▼▼▼

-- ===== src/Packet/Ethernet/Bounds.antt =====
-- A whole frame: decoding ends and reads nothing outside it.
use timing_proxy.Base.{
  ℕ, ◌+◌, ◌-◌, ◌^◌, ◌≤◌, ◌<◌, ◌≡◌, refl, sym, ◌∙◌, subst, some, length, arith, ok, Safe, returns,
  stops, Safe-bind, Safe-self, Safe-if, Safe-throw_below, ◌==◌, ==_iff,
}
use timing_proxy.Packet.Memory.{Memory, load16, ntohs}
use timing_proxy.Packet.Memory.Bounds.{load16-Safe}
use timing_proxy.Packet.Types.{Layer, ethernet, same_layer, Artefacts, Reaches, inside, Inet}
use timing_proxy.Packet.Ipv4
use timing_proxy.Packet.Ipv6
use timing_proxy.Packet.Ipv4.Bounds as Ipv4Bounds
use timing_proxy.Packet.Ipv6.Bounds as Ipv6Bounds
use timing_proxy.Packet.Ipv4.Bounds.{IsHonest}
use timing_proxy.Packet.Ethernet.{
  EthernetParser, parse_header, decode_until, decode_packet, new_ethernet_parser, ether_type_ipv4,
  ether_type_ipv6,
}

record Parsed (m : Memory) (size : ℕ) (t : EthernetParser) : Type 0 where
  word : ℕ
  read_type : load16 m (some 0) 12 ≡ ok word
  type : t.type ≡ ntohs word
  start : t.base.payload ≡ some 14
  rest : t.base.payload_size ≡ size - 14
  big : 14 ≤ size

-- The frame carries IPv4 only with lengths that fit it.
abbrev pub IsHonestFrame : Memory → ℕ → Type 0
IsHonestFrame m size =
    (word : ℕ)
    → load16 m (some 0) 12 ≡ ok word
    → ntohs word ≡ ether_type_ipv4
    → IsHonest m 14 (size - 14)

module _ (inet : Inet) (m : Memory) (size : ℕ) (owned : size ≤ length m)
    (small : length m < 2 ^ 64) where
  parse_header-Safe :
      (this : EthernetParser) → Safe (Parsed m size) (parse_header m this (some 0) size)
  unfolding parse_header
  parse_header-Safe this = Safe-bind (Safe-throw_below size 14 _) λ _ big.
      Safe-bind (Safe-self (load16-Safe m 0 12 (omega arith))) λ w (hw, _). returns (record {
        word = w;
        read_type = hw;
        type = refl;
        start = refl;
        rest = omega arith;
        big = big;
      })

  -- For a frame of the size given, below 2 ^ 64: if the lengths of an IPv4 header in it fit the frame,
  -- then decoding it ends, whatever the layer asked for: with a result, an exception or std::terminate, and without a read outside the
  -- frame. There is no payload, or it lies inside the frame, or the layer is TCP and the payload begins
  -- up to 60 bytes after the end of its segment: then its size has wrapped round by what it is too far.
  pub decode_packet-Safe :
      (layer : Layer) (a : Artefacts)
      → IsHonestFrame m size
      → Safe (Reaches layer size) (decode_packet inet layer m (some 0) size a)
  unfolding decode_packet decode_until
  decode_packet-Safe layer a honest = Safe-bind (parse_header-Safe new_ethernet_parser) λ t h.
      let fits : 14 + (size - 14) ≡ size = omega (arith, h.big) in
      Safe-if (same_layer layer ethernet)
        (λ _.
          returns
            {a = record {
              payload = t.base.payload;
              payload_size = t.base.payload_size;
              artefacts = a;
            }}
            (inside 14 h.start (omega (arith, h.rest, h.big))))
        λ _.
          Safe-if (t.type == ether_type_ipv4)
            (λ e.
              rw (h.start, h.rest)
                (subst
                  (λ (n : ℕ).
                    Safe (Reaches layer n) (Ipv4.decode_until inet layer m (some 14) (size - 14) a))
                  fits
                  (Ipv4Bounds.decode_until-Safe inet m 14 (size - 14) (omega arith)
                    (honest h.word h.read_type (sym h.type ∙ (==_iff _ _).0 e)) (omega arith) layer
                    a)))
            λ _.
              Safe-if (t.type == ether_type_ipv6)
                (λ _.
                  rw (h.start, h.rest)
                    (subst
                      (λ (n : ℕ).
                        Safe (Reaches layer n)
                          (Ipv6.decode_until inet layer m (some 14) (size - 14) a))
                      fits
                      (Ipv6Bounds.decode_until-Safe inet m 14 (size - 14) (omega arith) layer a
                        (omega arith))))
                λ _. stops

▲▲▲

What to do >> Nothing but a number should be given: the count of lines above that hold "rest".

Response box >> 5